Assignment
Where the listing below has a line with "connect-seq made c = ground arith", write out exactly that line and every line after it, stopping after the line with "-- The sequence".

------------------------------------

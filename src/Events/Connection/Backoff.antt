-- ===== src/Events/Connection/Backoff.antt =====
-- The delays of `scheduleReconnect` in web/src/events/EventStreamContext.tsx.
use native.Mathlib.Nat.{two-pow-succ, one-le-pow}
use cloudflared_manager.Base.{ℕ, suc, ◌*◌, ◌^◌, ◌≤◌, ◌≡◌, min, arith, refl}
use cloudflared_manager.Events.Connection.{backoff, backoff_base_ms, backoff_max_ms}

pow_pos : (n : ℕ) → 1 ≤ 2 ^ n
pow_pos n = one-le-pow n 2 (omega arith)

-- The first delay is the base, each further one doubles the one before up to the maximum, and every
-- delay lies between the two.
pub backoff_lem :
    (n : ℕ)
    → (backoff 0 ≡ backoff_base_ms)
      × (backoff (suc n) ≡ min (2 * backoff n) backoff_max_ms)
      × (backoff_base_ms ≤ backoff n)
      × (backoff n ≤ backoff_max_ms)
unfolding backoff
backoff_lem n = (refl, omega (arith, two-pow-succ n), omega (arith, pow_pos n), omega arith)
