-- ===== src/Events/Connection/Invariant.antt =====
-- What every handler of web/src/events/EventStreamContext.tsx keeps, whatever the order of the signals.
use cloudflared_manager.Base.{
  ℕ, ◌+◌, ◌≤◌, ◌<◌, ◌≡◌, refl, ◌∙◌, Bool, true, false, not, Option, none, some, List, [], ◌∷◌,
  filter, ltb, ◌==◌, All, arith, Bool-cases, inl, inr, if_intro,
}
use cloudflared_manager.Events.Types.{BusEvent, ConnState, idle, failed}
use cloudflared_manager.Events.Connection.{
  Socket, Conn, Signal, open_event, message, error_event, close_event, timeout, storage, mount,
  unmount, backoff_base_ms, backoff_max_ms, schedule_reconnect, connect, close_socket, receive,
  handle, run, initial, is_some,
}
use cloudflared_manager.Events.Connection.Backoff.{backoff_lem}

-- A socket has a number already given out, and resumes behind an event that was received.
abbrev pub AllMade : ℕ → ℕ → List Socket → Type 0
AllMade next seq = All (λ (s : Socket). (s.id < next) × (s.since ≤ seq))

abbrev pub InRange : Option ℕ → Type 0
InRange none = Unit
InRange (some delay) = (backoff_base_ms ≤ delay) × (delay ≤ backoff_max_ms)

abbrev pub GivenOut : ℕ → Option ℕ → Type 0
GivenOut next none = Unit
GivenOut next (some id) = id < next

pub record IsSound (c : Conn) : Type 0 where
  pub same_seq : c.last_seq ≡ c.seq
  pub quiet : c.stopped ≡ true → c.timer ≡ none
  pub delay : InRange c.timer
  pub made : AllMade c.next c.seq c.sockets
  pub current : GivenOut c.next c.ws

AllMade-mono :
    (n m s t : ℕ) (sockets : List Socket)
    → n ≤ m
    → s ≤ t
    → AllMade n s sockets
    → AllMade m t sockets
AllMade-mono n m s t [] h k a = tt
AllMade-mono n m s t (x ∷ xs) h k ((p, q), a) =
    ((omega arith, omega arith), AllMade-mono n m s t xs h k a)

AllMade-filter :
    (n s : ℕ) (p : Socket → Bool) (sockets : List Socket)
    → AllMade n s sockets
    → AllMade n s (filter p sockets)
AllMade-filter n s p [] a = tt
AllMade-filter n s p (x ∷ xs) (k, a) = elim (Bool-cases (p x)) [
  | inl e ↦ rw e (k, AllMade-filter n s p xs a)
  | inr e ↦ rw e (AllMade-filter n s p xs a)
]

AllMade-close :
    (n s : ℕ) (ws : Option ℕ) (sockets : List Socket)
    → AllMade n s sockets
    → AllMade n s (close_socket ws sockets)
AllMade-close n s none sockets a = a
AllMade-close n s (some id) [] a = tt
AllMade-close n s (some id) (x ∷ xs) (k, a) = elim (Bool-cases (x.id == id)) [
  | inl e ↦ rw e (k, AllMade-close n s (some id) xs a)
  | inr e ↦ rw e (k, AllMade-close n s (some id) xs a)
]

schedule_reconnect-IsSound : (c : Conn) → IsSound c → IsSound (schedule_reconnect c)
unfolding schedule_reconnect
schedule_reconnect-IsSound c s =
    if_intro IsSound c.stopped c _ (λ _. s)
      (λ running.
        if_intro IsSound (is_some c.timer) c _ (λ _. s)
          (λ _. record {
            same_seq = s.same_seq;
            quiet = λ halted. cc;
            delay = ((backoff_lem c.retries).2, (backoff_lem c.retries).3);
            made = s.made;
            current = s.current;
          }))

-- The phase is shown to the user and read by nobody.
with_phase : (c : Conn) (phase : ConnState) → IsSound c → IsSound (record c { phase = phase })
with_phase c phase s = record {
  same_seq = s.same_seq;
  quiet = s.quiet;
  delay = s.delay;
  made = s.made;
  current = s.current;
}

receive-IsSound : (e : BusEvent) (c : Conn) → IsSound c → IsSound (receive e c)
receive-IsSound e c s =
    if_intro IsSound (ltb c.seq e.seq) _ _
      (λ newer. record {
        same_seq = refl;
        quiet = s.quiet;
        delay = s.delay;
        made = AllMade-mono c.next c.next c.seq e.seq c.sockets (omega arith) (ground arith) s.made;
        current = s.current;
      })
      (λ older. record {
        same_seq = s.same_seq;
        quiet = s.quiet;
        delay = s.delay;
        made = s.made;
        current = s.current;
      })

connect-IsSound : (made : Bool) (c : Conn) → IsSound c → IsSound (connect made c)
unfolding connect
connect-IsSound made c s =
    if_intro IsSound c.stopped c _ (λ _. s)
      (λ running.
        if_intro IsSound (not c.token) _ _ (λ _. with_phase c idle s)
          (λ _.
            if_intro IsSound made _ _
              (λ _. record {
                same_seq = s.same_seq;
                quiet = s.quiet;
                delay = s.delay;
                made = (
                  (omega arith, omega arith),
                  AllMade-mono c.next (c.next + 1) c.seq c.seq c.sockets (omega arith) (omega arith)
                      s.made,
                );
                current = omega arith;
              })
              (λ _.
                schedule_reconnect-IsSound (record c { phase = failed }) (with_phase c failed s))))

pub handle-IsSound : (signal : Signal) (c : Conn) → IsSound c → IsSound (handle signal c)
unfolding handle
handle-IsSound open_event c s = record {
  same_seq = s.same_seq;
  quiet = s.quiet;
  delay = s.delay;
  made = s.made;
  current = s.current;
}
handle-IsSound (message none) c s = s
handle-IsSound (message (some e)) c s = receive-IsSound e c s
handle-IsSound error_event c s = with_phase c failed s
handle-IsSound (close_event id) c s = schedule_reconnect-IsSound _ (record {
  same_seq = s.same_seq;
  quiet = s.quiet;
  delay = s.delay;
  made = AllMade-filter c.next c.seq (λ x. not (x.id == id)) c.sockets s.made;
  current = tt;
})
handle-IsSound (timeout made) c s =
    connect-IsSound made (record c { timer = none })
      (record {
        same_seq = s.same_seq;
        quiet = λ _. refl;
        delay = tt;
        made = s.made;
        current = s.current;
      })
handle-IsSound (storage token made) c s = connect-IsSound made _ (record {
  same_seq = s.same_seq;
  quiet = s.quiet;
  delay = s.delay;
  made = AllMade-close c.next c.seq c.ws c.sockets s.made;
  current = s.current;
})
handle-IsSound (mount made) c s =
    connect-IsSound made (record c { stopped = false })
      (record {
        same_seq = s.same_seq;
        quiet = λ (halted : false ≡ true). cc;
        delay = s.delay;
        made = s.made;
        current = s.current;
      })
handle-IsSound unmount c s = record {
  same_seq = s.same_seq;
  quiet = λ _. refl;
  delay = tt;
  made = AllMade-close c.next c.seq c.ws c.sockets s.made;
  current = tt;
}

initial-IsSound : (token : Bool) → IsSound (initial token)
initial-IsSound token = record {
  same_seq = refl;
  quiet = λ _. refl;
  delay = tt;
  made = tt;
  current = tt;
}

run-IsSound_from : (signals : List Signal) (c : Conn) → IsSound c → IsSound (run signals c)
unfolding run
run-IsSound_from [] c s = s
run-IsSound_from (x ∷ signals) c s = run-IsSound_from signals (handle x c) (handle-IsSound x c s)

-- Whatever happens, in whatever order, from the first rendering on: the sequence number shown is the
-- one that a reconnect resumes from, nothing is pending while unmounted, a pending delay lies between
-- the base and the maximum, and every socket resumes no later than the last event received.
pub run-IsSound : (signals : List Signal) (token : Bool) → IsSound (run signals (initial token))
run-IsSound signals token = run-IsSound_from signals (initial token) (initial-IsSound token)

stopped_and_running : {b : Bool} → b ≡ true → b ≡ false → ⊥
stopped_and_running h k = cc

-- The connection is unmounted: no reconnect is pending, and nothing but mounting again can make one.
abbrev pub IsQuiet : Conn → Type 0
IsQuiet c = (c.stopped ≡ true) × (c.timer ≡ none)

abbrev pub NoMount : Signal → Type 0
NoMount (mount made) = ⊥
NoMount _ = Unit

handle-IsQuiet :
    (signal : Signal) (c : Conn)
    → NoMount signal
    → IsQuiet c
    → IsQuiet (handle signal c) × ((handle signal c).next ≡ c.next)
unfolding handle
handle-IsQuiet open_event c m q = ((q.0, q.1), refl)
handle-IsQuiet (message none) c m q = (q, refl)
handle-IsQuiet (message (some e)) c m q =
    if_intro (λ d. IsQuiet d × (d.next ≡ c.next)) (ltb c.seq e.seq) _ _ (λ _. ((q.0, q.1), refl))
      (λ _. ((q.0, q.1), refl))
handle-IsQuiet error_event c m q = ((q.0, q.1), refl)
handle-IsQuiet (close_event id) c m q =
    if_intro (λ d. IsQuiet d × (d.next ≡ c.next)) c.stopped _ _ (λ _. ((q.0, q.1), refl))
      (λ running. absurd (stopped_and_running q.0 running))
handle-IsQuiet (timeout made) c m q =
    if_intro (λ d. IsQuiet d × (d.next ≡ c.next)) c.stopped _ _ (λ _. ((q.0, refl), refl))
      (λ running. absurd (stopped_and_running q.0 running))
handle-IsQuiet (storage token made) c m q =
    if_intro (λ d. IsQuiet d × (d.next ≡ c.next)) c.stopped _ _ (λ _. ((q.0, q.1), refl))
      (λ running. absurd (stopped_and_running q.0 running))
handle-IsQuiet (mount made) c m q = absurd m
handle-IsQuiet unmount c m q = ((refl, refl), refl)

-- Once unmounted, no sequence of signals without a mounting leaves a reconnect pending or makes a
-- socket.
pub run-IsQuiet :
    (signals : List Signal) (c : Conn)
    → All NoMount signals
    → IsQuiet c
    → IsQuiet (run signals c) × ((run signals c).next ≡ c.next)
unfolding run
run-IsQuiet [] c m q = (q, refl)
run-IsQuiet (x ∷ signals) c (m, ms) q =
    let (step, same) = handle-IsQuiet x c m q in
    let (rest, kept) = run-IsQuiet signals (handle x c) ms step in (rest, kept ∙ same)

receive-seq : (e : BusEvent) (c : Conn) → e.seq ≤ (receive e c).seq
receive-seq e c = ground arith

connect-seq : (made : Bool) (c : Conn) → (connect made c).seq ≡ c.seq
unfolding connect schedule_reconnect
connect-seq made c = ground arith

schedule_reconnect-seq : (c : Conn) → (schedule_reconnect c).seq ≡ c.seq
unfolding schedule_reconnect
schedule_reconnect-seq c = ground arith

handle-seq : (signal : Signal) (c : Conn) → c.seq ≤ (handle signal c).seq
unfolding handle
handle-seq (message none) c = omega arith
handle-seq (message (some e)) c = ground arith
handle-seq open_event c = omega arith
handle-seq error_event c = omega arith
handle-seq unmount c = omega arith
handle-seq (close_event id) c = ground arith
handle-seq (timeout made) c = omega (arith, connect-seq made (record c { timer = none }))
handle-seq (storage token made) c = omega (
  arith,
  connect-seq made (record c { token = token; retries = 0; sockets = close_socket c.ws c.sockets }),
)
handle-seq (mount made) c = omega (arith, connect-seq made (record c { stopped = false }))

-- The sequence number to resume from never falls, whatever the order of the frames, and a frame's
-- number is never above it once the frame was handled.
pub run-seq_mono :
    (signals : List Signal) (e : BusEvent) (c : Conn)
    → (c.seq ≤ (run signals c).seq) × (e.seq ≤ (run (message (some e) ∷ signals) c).seq)
unfolding run
run-seq_mono signals e c = (run_mono signals c, received)
  where
    run_mono : (signals : List Signal) (c : Conn) → c.seq ≤ (run signals c).seq
    run_mono [] c = omega arith
    run_mono (x ∷ signals) c = omega (arith, handle-seq x c, run_mono signals (handle x c))

    received : e.seq ≤ (run signals (handle (message (some e)) c)).seq
    received = omega (arith, receive-seq e c, run_mono signals (receive e c))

------------------------------------

Answer space
connect-seq made c = ground arith

schedule_reconnect-seq : (c : Conn) → (schedule_reconnect c).seq ≡ c.seq
unfolding schedule_reconnect
schedule_reconnect-seq c = ground arith

handle-seq : (signal : Signal) (c : Conn) → c.seq ≤ (handle signal c).seq
unfolding handle
handle-seq (message none) c = omega arith
handle-seq (message (some e)) c = ground arith
handle-seq open_event c = omega arith
handle-seq error_event c = omega arith
handle-seq unmount c = omega arith
handle-seq (close_event id) c = ground arith
handle-seq (timeout made) c = omega (arith, connect-seq made (record c { timer = none }))
handle-seq (storage token made) c = omega (
  arith,
  connect-seq made (record c { token = token; retries = 0; sockets = close_socket c.ws c.sockets }),
)
handle-seq (mount made) c = omega (arith, connect-seq made (record c { stopped = false }))

-- The sequence number to resume from never falls, whatever the order of the frames, and a frame's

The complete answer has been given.